-- Brief --
The required output is the lines below from the line containing "m e).3, index))" to the line containing "or_else none b = b", inclusive, retyped exactly. No other lines belong in it.

-- Entries provided --
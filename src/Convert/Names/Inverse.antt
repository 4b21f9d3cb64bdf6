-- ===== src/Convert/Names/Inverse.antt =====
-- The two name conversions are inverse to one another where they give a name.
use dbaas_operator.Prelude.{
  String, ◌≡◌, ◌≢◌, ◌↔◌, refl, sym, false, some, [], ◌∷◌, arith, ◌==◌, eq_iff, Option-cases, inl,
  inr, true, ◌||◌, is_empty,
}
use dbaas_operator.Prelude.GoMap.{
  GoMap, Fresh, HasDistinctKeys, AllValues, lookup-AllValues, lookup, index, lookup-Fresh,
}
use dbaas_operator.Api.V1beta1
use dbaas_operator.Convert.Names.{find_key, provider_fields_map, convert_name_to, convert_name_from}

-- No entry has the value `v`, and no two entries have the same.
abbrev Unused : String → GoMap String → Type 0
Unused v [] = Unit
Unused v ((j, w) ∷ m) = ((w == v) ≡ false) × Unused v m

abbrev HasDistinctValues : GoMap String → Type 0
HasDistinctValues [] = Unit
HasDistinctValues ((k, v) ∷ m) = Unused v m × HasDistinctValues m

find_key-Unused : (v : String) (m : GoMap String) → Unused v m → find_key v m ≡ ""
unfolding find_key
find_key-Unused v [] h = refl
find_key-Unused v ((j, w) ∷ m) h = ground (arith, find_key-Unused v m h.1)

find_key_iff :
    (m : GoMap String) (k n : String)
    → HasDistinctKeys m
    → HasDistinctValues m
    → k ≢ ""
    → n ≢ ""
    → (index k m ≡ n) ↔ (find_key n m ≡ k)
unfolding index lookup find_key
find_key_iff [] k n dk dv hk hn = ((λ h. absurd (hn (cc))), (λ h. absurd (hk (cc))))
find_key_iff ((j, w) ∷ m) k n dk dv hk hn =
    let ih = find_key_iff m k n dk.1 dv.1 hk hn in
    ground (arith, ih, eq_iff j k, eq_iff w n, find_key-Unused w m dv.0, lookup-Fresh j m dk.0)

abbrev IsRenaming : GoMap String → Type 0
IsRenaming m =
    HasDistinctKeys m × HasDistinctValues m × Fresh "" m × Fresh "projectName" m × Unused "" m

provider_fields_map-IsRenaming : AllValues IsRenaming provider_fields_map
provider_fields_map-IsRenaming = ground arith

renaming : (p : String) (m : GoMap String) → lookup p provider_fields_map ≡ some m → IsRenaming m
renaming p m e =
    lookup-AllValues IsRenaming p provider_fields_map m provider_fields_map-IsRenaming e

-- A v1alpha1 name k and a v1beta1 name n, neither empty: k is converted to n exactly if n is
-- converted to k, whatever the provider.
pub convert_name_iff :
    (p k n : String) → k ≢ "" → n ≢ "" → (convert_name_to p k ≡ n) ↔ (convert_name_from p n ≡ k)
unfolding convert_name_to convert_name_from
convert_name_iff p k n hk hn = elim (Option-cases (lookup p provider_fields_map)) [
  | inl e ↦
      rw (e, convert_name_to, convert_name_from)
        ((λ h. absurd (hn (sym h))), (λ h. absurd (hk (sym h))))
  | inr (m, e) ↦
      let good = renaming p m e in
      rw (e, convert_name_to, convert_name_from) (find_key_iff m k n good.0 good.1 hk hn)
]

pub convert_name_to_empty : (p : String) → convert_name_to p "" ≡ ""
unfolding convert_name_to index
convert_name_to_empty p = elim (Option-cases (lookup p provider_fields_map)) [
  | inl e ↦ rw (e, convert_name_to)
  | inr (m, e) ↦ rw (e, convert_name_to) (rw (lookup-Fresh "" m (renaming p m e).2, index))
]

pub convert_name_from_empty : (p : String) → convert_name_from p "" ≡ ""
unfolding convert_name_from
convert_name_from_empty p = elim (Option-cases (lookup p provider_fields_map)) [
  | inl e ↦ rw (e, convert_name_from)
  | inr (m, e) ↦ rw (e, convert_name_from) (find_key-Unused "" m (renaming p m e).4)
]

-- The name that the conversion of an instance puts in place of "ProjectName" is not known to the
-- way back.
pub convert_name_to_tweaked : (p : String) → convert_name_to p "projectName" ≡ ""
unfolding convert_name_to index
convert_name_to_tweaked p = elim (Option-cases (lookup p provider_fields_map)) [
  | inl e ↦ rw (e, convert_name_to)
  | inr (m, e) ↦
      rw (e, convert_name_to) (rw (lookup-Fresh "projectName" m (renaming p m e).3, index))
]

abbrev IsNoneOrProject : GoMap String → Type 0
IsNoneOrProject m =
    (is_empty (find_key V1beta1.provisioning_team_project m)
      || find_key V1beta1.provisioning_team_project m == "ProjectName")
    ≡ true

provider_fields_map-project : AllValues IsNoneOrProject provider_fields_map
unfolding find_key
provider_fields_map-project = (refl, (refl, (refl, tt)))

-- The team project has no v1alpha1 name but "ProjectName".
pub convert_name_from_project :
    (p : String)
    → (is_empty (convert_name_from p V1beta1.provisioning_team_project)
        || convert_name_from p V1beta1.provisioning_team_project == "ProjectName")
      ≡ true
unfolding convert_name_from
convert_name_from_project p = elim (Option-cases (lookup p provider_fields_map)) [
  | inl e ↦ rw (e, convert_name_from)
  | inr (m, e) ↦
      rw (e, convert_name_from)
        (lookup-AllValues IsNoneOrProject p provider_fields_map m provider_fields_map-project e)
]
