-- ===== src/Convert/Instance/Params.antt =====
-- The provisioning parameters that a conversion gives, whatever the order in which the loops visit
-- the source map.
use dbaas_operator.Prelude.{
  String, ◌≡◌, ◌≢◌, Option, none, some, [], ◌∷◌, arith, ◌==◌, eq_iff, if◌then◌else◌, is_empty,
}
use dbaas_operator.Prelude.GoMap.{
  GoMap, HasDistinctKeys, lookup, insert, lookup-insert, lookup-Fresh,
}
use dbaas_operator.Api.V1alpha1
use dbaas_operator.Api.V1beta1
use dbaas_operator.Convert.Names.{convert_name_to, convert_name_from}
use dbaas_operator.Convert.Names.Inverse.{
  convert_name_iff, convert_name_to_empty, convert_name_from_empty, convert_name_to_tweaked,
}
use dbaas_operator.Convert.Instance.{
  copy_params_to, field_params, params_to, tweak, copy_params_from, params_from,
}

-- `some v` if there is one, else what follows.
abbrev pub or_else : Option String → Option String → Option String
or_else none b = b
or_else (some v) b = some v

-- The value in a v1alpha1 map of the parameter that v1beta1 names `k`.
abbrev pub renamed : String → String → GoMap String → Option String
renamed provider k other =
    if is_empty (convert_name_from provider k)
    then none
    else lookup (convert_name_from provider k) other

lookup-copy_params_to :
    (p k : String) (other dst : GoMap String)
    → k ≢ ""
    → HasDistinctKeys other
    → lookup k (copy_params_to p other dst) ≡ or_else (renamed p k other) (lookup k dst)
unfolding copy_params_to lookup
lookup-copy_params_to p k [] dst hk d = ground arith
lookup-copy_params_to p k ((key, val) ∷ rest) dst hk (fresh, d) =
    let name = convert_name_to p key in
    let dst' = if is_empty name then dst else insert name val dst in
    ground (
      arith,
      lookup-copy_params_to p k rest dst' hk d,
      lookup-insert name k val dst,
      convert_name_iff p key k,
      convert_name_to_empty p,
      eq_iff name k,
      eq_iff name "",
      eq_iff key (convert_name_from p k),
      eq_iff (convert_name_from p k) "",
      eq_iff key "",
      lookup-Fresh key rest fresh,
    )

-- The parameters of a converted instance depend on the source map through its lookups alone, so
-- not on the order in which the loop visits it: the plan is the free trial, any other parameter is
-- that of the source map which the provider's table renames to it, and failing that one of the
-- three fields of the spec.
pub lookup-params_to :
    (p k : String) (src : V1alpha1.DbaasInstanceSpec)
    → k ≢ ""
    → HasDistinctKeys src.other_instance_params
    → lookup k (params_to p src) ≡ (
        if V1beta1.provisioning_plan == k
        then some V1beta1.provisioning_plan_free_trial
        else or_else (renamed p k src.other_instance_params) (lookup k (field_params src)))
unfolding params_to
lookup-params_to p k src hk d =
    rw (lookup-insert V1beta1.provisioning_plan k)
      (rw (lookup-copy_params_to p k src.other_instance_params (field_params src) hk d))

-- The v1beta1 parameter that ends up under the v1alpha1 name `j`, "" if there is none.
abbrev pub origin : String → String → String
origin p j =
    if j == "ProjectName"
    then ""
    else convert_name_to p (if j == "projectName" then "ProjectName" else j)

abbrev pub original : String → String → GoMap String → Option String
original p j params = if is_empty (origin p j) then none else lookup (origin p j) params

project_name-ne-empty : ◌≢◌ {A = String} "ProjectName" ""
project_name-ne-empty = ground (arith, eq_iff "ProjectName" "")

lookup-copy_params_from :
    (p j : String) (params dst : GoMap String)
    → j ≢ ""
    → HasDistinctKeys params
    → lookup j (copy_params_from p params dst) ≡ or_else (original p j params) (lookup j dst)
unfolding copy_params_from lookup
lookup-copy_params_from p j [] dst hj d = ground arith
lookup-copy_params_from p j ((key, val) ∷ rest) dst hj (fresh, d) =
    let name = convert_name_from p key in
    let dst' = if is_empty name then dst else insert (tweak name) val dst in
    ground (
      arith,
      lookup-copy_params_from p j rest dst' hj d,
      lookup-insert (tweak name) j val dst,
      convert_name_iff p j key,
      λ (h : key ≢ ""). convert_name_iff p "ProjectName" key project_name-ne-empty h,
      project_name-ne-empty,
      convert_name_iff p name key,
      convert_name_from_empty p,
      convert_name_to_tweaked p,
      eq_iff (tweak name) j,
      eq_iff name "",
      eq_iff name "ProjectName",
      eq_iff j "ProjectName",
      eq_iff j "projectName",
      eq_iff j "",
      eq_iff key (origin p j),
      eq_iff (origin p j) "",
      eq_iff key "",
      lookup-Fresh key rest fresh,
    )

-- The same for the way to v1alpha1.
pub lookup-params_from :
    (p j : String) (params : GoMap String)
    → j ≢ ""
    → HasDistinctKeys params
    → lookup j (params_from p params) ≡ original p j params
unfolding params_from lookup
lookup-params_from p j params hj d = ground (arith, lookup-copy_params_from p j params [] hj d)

-- Answer section --
      rw (e, convert_name_to) (rw (lookup-Fresh "projectName" m (renaming p m e).3, index))
]

abbrev IsNoneOrProject : GoMap String → Type 0
IsNoneOrProject m =
    (is_empty (find_key V1beta1.provisioning_team_project m)
      || find_key V1beta1.provisioning_team_project m == "ProjectName")
    ≡ true

provider_fields_map-project : AllValues IsNoneOrProject provider_fields_map
unfolding find_key
provider_fields_map-project = (refl, (refl, (refl, tt)))

-- The team project has no v1alpha1 name but "ProjectName".
pub convert_name_from_project :
    (p : String)
    → (is_empty (convert_name_from p V1beta1.provisioning_team_project)
        || convert_name_from p V1beta1.provisioning_team_project == "ProjectName")
      ≡ true
unfolding convert_name_from
convert_name_from_project p = elim (Option-cases (lookup p provider_fields_map)) [
  | inl e ↦ rw (e, convert_name_from)
  | inr (m, e) ↦
      rw (e, convert_name_from)
        (lookup-AllValues IsNoneOrProject p provider_fields_map m provider_fields_map-project e)
]
-- ===== src/Convert/Instance/Params.antt =====
-- The provisioning parameters that a conversion gives, whatever the order in which the loops visit
-- the source map.
use dbaas_operator.Prelude.{
  String, ◌≡◌, ◌≢◌, Option, none, some, [], ◌∷◌, arith, ◌==◌, eq_iff, if◌then◌else◌, is_empty,
}
use dbaas_operator.Prelude.GoMap.{
  GoMap, HasDistinctKeys, lookup, insert, lookup-insert, lookup-Fresh,
}
use dbaas_operator.Api.V1alpha1
use dbaas_operator.Api.V1beta1
use dbaas_operator.Convert.Names.{convert_name_to, convert_name_from}
use dbaas_operator.Convert.Names.Inverse.{
  convert_name_iff, convert_name_to_empty, convert_name_from_empty, convert_name_to_tweaked,
}
use dbaas_operator.Convert.Instance.{
  copy_params_to, field_params, params_to, tweak, copy_params_from, params_from,
}

-- `some v` if there is one, else what follows.
abbrev pub or_else : Option String → Option String → Option String
or_else none b = b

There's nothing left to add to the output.